── Dataset entries
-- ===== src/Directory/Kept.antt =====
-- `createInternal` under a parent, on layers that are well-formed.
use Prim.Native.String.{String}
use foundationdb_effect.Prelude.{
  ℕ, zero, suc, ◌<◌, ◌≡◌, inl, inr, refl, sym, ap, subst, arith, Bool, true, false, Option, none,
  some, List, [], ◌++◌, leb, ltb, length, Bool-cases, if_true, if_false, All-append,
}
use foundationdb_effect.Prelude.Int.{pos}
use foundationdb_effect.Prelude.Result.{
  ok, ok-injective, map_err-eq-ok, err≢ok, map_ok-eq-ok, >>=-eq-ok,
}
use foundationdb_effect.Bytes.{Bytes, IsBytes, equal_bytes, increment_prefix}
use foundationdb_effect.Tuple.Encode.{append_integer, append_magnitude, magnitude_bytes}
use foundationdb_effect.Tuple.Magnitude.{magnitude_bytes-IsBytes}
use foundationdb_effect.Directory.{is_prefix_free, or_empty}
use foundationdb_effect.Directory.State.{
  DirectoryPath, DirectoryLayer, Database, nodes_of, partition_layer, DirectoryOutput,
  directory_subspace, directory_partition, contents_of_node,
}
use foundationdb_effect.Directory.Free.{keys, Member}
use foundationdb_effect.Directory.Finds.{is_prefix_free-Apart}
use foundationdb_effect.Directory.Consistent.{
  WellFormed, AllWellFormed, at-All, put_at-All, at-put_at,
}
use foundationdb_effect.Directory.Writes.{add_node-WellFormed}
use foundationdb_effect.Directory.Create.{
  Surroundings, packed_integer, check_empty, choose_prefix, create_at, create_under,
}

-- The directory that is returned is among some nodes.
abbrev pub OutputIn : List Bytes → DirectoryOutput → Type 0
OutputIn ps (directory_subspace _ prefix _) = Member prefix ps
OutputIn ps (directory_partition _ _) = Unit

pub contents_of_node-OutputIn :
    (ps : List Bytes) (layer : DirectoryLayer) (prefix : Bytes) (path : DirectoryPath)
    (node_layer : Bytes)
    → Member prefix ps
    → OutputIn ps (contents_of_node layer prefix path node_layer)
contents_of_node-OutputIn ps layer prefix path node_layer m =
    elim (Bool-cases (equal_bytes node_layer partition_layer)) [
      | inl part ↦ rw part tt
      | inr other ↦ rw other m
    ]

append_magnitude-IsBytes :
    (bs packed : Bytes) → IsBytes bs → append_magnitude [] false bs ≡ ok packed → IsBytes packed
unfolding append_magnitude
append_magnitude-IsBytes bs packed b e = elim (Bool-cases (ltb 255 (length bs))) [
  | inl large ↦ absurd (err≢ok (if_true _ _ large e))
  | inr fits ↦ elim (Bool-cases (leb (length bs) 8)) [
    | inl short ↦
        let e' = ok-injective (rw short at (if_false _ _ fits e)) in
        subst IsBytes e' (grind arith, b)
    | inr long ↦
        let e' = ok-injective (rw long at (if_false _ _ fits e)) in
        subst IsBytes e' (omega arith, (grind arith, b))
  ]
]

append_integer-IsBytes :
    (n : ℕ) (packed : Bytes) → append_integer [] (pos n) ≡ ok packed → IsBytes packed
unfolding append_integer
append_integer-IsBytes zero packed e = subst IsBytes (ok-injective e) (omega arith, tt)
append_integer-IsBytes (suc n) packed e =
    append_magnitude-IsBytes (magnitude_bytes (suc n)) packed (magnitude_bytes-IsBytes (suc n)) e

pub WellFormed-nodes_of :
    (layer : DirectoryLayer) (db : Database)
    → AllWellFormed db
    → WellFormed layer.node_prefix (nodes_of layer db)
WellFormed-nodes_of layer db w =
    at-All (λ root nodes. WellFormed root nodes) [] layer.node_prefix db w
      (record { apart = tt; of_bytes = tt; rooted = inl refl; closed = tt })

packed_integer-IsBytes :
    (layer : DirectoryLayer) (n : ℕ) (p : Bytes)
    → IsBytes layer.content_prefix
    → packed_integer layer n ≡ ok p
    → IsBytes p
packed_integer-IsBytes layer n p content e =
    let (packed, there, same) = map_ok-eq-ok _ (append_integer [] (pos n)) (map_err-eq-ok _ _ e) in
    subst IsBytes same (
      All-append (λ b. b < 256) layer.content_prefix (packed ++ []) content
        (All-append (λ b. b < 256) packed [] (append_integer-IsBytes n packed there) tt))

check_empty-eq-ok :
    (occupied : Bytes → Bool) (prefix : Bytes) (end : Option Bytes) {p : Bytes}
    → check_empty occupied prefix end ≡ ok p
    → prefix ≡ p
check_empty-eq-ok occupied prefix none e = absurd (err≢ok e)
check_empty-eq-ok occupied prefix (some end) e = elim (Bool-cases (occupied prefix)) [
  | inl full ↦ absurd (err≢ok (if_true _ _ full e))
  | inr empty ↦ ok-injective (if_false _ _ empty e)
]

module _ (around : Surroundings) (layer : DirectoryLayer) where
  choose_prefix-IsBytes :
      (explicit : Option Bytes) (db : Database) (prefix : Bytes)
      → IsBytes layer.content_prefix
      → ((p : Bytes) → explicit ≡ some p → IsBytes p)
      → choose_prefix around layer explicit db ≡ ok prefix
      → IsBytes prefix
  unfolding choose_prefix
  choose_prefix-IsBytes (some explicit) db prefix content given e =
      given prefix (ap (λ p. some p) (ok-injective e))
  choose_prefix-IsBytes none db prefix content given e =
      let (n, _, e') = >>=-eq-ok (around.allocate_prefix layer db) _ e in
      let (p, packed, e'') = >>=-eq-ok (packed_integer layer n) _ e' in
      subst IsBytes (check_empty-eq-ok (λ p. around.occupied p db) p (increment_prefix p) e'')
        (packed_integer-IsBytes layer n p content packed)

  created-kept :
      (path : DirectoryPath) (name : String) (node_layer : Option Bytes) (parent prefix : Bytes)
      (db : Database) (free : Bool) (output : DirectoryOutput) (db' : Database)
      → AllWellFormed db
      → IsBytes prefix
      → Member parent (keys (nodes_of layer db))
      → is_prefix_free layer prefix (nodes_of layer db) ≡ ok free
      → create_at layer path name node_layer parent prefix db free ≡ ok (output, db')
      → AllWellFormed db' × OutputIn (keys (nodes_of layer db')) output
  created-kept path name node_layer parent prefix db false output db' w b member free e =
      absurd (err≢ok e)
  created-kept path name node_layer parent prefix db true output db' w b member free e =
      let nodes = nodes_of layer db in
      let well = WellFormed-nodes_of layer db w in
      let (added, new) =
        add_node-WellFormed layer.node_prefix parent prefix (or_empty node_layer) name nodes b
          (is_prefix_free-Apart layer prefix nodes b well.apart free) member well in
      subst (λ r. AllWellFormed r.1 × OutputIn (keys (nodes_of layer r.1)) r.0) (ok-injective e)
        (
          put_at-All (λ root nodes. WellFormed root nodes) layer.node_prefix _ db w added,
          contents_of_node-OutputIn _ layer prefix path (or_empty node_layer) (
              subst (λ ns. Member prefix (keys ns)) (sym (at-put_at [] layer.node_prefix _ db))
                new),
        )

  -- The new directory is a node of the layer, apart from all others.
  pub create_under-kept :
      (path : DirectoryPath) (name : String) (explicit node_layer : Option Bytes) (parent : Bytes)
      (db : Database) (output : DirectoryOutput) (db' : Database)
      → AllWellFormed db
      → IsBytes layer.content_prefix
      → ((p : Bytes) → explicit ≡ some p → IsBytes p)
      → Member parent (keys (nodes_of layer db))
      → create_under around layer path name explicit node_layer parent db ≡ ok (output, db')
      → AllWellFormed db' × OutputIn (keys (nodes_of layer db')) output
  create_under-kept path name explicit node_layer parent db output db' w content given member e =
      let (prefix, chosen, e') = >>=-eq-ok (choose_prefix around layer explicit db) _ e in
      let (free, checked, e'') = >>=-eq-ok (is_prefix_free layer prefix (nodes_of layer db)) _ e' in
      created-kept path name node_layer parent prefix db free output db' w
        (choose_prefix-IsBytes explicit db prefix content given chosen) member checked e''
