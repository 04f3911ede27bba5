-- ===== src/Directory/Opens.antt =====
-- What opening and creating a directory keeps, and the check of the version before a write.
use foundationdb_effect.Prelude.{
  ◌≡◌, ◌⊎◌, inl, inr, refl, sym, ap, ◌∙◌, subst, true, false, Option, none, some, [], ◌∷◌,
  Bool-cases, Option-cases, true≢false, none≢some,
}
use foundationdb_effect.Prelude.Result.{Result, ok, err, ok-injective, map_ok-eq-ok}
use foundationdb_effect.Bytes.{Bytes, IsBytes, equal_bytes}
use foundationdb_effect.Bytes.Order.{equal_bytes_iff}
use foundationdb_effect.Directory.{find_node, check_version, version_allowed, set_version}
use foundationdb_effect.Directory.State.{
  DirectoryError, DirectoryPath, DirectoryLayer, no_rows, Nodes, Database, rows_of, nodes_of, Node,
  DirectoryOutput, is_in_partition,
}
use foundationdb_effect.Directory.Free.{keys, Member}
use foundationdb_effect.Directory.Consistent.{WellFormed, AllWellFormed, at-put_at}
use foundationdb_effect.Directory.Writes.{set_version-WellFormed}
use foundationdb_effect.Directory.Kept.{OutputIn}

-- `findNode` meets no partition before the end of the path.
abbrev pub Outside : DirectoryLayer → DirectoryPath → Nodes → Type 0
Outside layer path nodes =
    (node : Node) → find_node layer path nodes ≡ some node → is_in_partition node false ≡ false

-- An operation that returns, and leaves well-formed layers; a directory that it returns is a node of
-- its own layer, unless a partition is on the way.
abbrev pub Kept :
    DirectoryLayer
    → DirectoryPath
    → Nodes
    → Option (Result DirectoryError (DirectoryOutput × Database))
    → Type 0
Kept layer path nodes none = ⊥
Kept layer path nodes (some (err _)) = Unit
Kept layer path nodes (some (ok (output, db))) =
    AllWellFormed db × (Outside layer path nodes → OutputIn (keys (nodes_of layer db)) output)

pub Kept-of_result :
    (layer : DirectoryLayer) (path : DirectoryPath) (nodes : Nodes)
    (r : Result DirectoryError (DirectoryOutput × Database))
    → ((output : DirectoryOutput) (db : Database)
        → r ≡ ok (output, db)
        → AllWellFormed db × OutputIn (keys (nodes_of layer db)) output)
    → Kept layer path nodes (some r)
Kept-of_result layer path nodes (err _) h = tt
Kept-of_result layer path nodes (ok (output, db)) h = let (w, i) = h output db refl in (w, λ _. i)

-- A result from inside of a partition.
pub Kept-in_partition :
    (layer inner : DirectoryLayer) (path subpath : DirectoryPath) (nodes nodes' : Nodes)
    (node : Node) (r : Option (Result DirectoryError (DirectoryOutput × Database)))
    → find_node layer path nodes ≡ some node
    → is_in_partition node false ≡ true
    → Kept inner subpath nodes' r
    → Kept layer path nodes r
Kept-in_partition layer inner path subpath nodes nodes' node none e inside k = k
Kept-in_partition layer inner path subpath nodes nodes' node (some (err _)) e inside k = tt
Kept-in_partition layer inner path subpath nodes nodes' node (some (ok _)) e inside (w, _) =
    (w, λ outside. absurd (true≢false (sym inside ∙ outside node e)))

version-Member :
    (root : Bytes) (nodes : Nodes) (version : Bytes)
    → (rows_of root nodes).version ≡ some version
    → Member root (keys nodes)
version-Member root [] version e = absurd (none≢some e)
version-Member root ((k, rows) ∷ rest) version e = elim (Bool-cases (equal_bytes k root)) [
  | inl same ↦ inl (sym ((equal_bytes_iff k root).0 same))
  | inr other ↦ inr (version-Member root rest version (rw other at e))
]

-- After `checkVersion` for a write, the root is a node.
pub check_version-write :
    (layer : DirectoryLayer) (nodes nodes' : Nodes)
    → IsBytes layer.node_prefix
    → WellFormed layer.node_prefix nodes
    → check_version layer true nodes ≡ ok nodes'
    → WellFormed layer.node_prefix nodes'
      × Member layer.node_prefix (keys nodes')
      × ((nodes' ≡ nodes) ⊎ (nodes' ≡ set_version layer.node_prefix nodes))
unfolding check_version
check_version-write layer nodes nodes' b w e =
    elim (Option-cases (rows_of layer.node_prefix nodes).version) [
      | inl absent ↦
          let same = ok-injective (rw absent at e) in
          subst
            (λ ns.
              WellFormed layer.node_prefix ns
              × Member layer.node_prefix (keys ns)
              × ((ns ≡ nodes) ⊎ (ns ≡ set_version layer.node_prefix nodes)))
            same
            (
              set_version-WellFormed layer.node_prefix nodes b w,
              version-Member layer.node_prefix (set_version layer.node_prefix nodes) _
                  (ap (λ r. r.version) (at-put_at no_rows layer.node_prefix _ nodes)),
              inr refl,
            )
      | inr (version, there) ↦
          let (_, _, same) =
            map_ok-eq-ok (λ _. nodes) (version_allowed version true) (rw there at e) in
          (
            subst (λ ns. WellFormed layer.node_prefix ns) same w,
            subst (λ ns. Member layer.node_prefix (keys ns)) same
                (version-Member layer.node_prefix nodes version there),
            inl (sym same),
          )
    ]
────
Exercise details -
From the records above, print only the lines between the one holding "(if_false _ _ empty e)" and the one holding "let (n, _, e')", inclusive, exactly as they stand.

Reply to the exercise -
  | inr empty ↦ ok-injective (if_false _ _ empty e)
]

module _ (around : Surroundings) (layer : DirectoryLayer) where
  choose_prefix-IsBytes :
      (explicit : Option Bytes) (db : Database) (prefix : Bytes)
      → IsBytes layer.content_prefix
      → ((p : Bytes) → explicit ≡ some p → IsBytes p)
      → choose_prefix around layer explicit db ≡ ok prefix
      → IsBytes prefix
  unfolding choose_prefix
  choose_prefix-IsBytes (some explicit) db prefix content given e =
      given prefix (ap (λ p. some p) (ok-injective e))
  choose_prefix-IsBytes none db prefix content given e =
      let (n, _, e') = >>=-eq-ok (around.allocate_prefix layer db) _ e in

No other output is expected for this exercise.